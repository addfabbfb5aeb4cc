-- ===== src/Engagement/Service.antt =====
-- The handlers of services/engagement/internal/handler/handler.go over the store: what holds after
-- any sequence of calls, and what a patch does.
use mathlib.Core.Path.{subst}
use obvious.Base.{
  ℕ, String, ◌≡◌, refl, sym, Bool, true, false, Option, some, List, [], ◌∷◌, if◌then◌else◌, ◌==◌,
  arith, str_eq,
}
use obvious.Base.Table
use obvious.Engagement.Lifecycle.{
  Phase, Result, ok, err, PhaseEvent, Engagement, CreateEngagementRequest, UpdateEngagementRequest,
  TransitionRequest, new_engagement, is_terminal,
}
use obvious.Engagement.Lifecycle
use obvious.Engagement.Timeline.{Timeline, new_engagement-Timeline, transition-Timeline}
use obvious.Engagement.Store.{
  EngagementStore, Keeps, engagement_create-Keeps, engagement_update-Keeps, engagement_get-Keeps,
  engagement_update_read,
}
use obvious.Engagement.Store
use obvious.Engagement.Handler.{
  Body, bound, malformed, Response, engagement_body, Checked, pass, stop, parsed, loaded, ◌>>=◌,
  create, create_bound, patched, saved, update_on, update, respond, transition_on, transition, load,
  parse_org,
}

>>=-pass {ℓ κ} :
    {A : Type ℓ} {B : Type κ} (m : Checked A) (f : A → Checked B) {b : B}
    → (m >>= f) ≡ pass b
    → (a : A) × (m ≡ pass a) × (f a ≡ pass b)
>>=-pass (pass a) f h = (a, refl, h)
>>=-pass (stop r) f h = cc

loaded-pass : (r : Result Engagement) {e : Engagement} → loaded r ≡ pass e → r ≡ ok e
loaded-pass (ok e) h = ground arith
loaded-pass (err x) h = ground arith

load-get :
    (parse : String → Option ℕ) (s : EngagementStore) (org id : String) {e : Engagement}
    → load parse s org id ≡ pass e
    → (o : ℕ) × (i : ℕ) × (parse_org parse org ≡ pass o) × (Store.get s o i ≡ ok e)
unfolding load
load-get parse s org id h =
    let (o, of_org, rest) = >>=-pass (parse_org parse org) _ h in
    let (i, of_id, found) = >>=-pass (parsed "invalid id" (parse id)) _ rest in
    (o, i, of_org, loaded-pass (Store.get s o i) found)

saved-store :
    (answer : Response) (s : EngagementStore) (r : Result (Unit {0})) → (saved answer (s, r)).0 ≡ s
saved-store answer s (ok _) = refl
saved-store answer s (err _) = refl

module _ (s : EngagementStore) (k : Keeps Timeline s) (e : Engagement) where
  saved-Keeps :
      (answer : Response) → Timeline e → Keeps Timeline (saved answer (Store.update s e)).0
  saved-Keeps answer t =
      subst (Keeps Timeline) (sym (saved-store answer (Store.update s e).0 (Store.update s e).1))
        (engagement_update-Keeps s k e t)

  respond-Keeps-Timeline :
      (r : Result PhaseEvent) → Timeline e → Keeps Timeline (respond s (e, r)).0
  unfolding respond
  respond-Keeps-Timeline (ok event) t = saved-Keeps _ t
  respond-Keeps-Timeline (err x) t = k

-- A patch touches nothing that the lifecycle speaks of.
patched-Timeline :
    (req : UpdateEngagementRequest) (e : Engagement) → Timeline e → Timeline (patched req e)
patched-Timeline req e t = record {
  path = t.path;
  behind = t.behind;
  started = t.started;
  ended = t.ended;
}

module _ (parse : String → Option ℕ) (s : EngagementStore) (k : Keeps Timeline s)
    (org id : String) where
  transition_on-Keeps-Timeline :
      (event_id now : ℕ) (body : Body TransitionRequest) (c : Checked Engagement)
      → load parse s org id ≡ c
      → Keeps Timeline (transition_on event_id now s body c).0
  unfolding transition_on
  transition_on-Keeps-Timeline event_id now body (stop r) loads = k
  transition_on-Keeps-Timeline event_id now (malformed problem) (pass e) loads = k
  transition_on-Keeps-Timeline event_id now (bound req) (pass e) loads =
      let (o, i, _, read) = load-get parse s org id loads in
      let after = Lifecycle.transition event_id now e req in
      respond-Keeps-Timeline s k after.0 after.1
        (transition-Timeline event_id now e req (engagement_get-Keeps s k e o i read).2)

  update_on-Keeps :
      (body : Body UpdateEngagementRequest) (c : Checked Engagement)
      → load parse s org id ≡ c
      → Keeps Timeline (update_on s body c).0
  unfolding update_on
  update_on-Keeps body (stop r) loads = k
  update_on-Keeps (malformed problem) (pass e) loads = k
  update_on-Keeps (bound req) (pass e) loads =
      let (o, i, _, read) = load-get parse s org id loads in
      saved-Keeps s k (patched req e) _
        (patched-Timeline req e (engagement_get-Keeps s k e o i read).2)

if-Keeps-Timeline :
    (b : Bool) (x y : EngagementStore × Response)
    → Keeps Timeline x.0
    → Keeps Timeline y.0
    → Keeps Timeline (if b then x else y).0
if-Keeps-Timeline true x y kx ky = kx
if-Keeps-Timeline false x y kx ky = ky

create_bound-Keeps :
    (id now : ℕ) (s : EngagementStore) (req : CreateEngagementRequest)
    → Keeps Timeline s
    → Keeps Timeline (create_bound id now s req).0
unfolding create_bound
create_bound-Keeps id now s req k =
    let made =
      engagement_create-Keeps s k (new_engagement id now req)
        (new_engagement-Timeline id now req) in
    if-Keeps-Timeline (str_eq req.name "") _ _ k (
      if-Keeps-Timeline (req.org_id == 0) _ _ k
        (if-Keeps-Timeline (req.framework_id == 0) _ _ k made))

-- The calls that a client may make; those that only read leave the store alone.
pub data Call : Type 0 where
  create_call : Body CreateEngagementRequest → Call
  update_call : String → String → Body UpdateEngagementRequest → Call
  transition_call : String → String → Body TransitionRequest → Call

-- `id` is the fresh ID that the call would use, `now` its time.
unfoldable pub serve :
    (String → Option ℕ) → ℕ → ℕ → EngagementStore → Call → EngagementStore × Response
serve parse id now s (create_call body) = create id now s body
serve parse id now s (update_call org e body) = update parse s org e body
serve parse id now s (transition_call org e body) = transition parse id now s org e body

unfoldable pub serve_all :
    (String → Option ℕ) → EngagementStore → List (ℕ × ℕ × Call) → EngagementStore
unfolding serve
serve_all parse s [] = s
serve_all parse s ((id, now, c) ∷ rest) = serve_all parse (serve parse id now s c).0 rest

serve-Keeps-Timeline :
    (parse : String → Option ℕ) (id now : ℕ) (s : EngagementStore) (c : Call)
    → Keeps Timeline s
    → Keeps Timeline (serve parse id now s c).0
unfolding serve create update transition
serve-Keeps-Timeline parse id now s (create_call (malformed problem)) k = k
serve-Keeps-Timeline parse id now s (create_call (bound req)) k = create_bound-Keeps id now s req k
serve-Keeps-Timeline parse id now s (update_call org e body) k =
    update_on-Keeps parse s k org e body (load parse s org e) refl
serve-Keeps-Timeline parse id now s (transition_call org e body) k =
    transition_on-Keeps-Timeline parse s k org e id now body (load parse s org e) refl

serve_all-Keeps-Timeline :
    (parse : String → Option ℕ) (s : EngagementStore) (cs : List (ℕ × ℕ × Call))
    → Keeps Timeline s
    → Keeps Timeline (serve_all parse s cs)
unfolding serve_all
serve_all-Keeps-Timeline parse s [] k = k
serve_all-Keeps-Timeline parse s ((id, now, c) ∷ rest) k =
    serve_all-Keeps-Timeline parse (serve parse id now s c).0 rest
      (serve-Keeps-Timeline parse id now s c k)

-- Whatever creations, patches and transitions are served from the empty store, valid or not:
-- every stored engagement lies under its own ID, its events form a path of the lifecycle from
-- planning to its phase and are not more than its phase allows, it has a start date exactly when
-- some event entered fieldwork, and an end date exactly when its phase is terminal.
pub serve_all-Timeline :
    (parse : String → Option ℕ) (cs : List (ℕ × ℕ × Call))
    → Keeps Timeline (serve_all parse Store.new_engagement_store cs)
unfolding Store.new_engagement_store Table.get
serve_all-Timeline parse cs =
    serve_all-Keeps-Timeline parse Store.new_engagement_store cs (record { at = λ j e found. cc })

-- A patch of an engagement that was read from a keyed store is accepted in every phase, the
-- terminal ones included: it answers 200 with the patched engagement and stores it, all else
-- staying as it was.
pub update_any_phase :
    {P : Engagement → Type 0} (parse : String → Option ℕ) (s : EngagementStore) (org id : String)
    (req : UpdateEngagementRequest) (e : Engagement)
    → Keeps P s
    → load parse s org id ≡ pass e
    → let after = update parse s org id (bound req) in
      (after.1 ≡ engagement_body 200 (patched req e))
      × ((j : ℕ)
          → Table.get after.0.entries j
            ≡ (if e.id == j then some (patched req e) else Table.get s.entries j))
unfolding update update_on
update_any_phase parse s org id req e k found =
    let (o, i, _, read) = load-get parse s org id found in
    let (wrote, reads) = engagement_update_read s k o i e (patched req e) read refl in
    subst
      (λ c.
        let after = update_on s (bound req) c in
        (after.1 ≡ engagement_body 200 (patched req e))
        × ((j : ℕ)
            → Table.get after.0.entries j
              ≡ (if e.id == j then some (patched req e) else Table.get s.entries j)))
      (sym found) (ground (arith, wrote), λ j. ground (arith, reads j))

==*==

» PROBLEM DESCRIPTION: Everything above from the line containing "(event_id now : ℕ)" through the line containing "transition_on-Keeps-Timeline event_id now (malformed" must be copied exactly. Nothing outside that range belongs in the answer.

» SOLUTION:
      (event_id now : ℕ) (body : Body TransitionRequest) (c : Checked Engagement)
      → load parse s org id ≡ c
      → Keeps Timeline (transition_on event_id now s body c).0
  unfolding transition_on
  transition_on-Keeps-Timeline event_id now body (stop r) loads = k
  transition_on-Keeps-Timeline event_id now (malformed problem) (pass e) loads = k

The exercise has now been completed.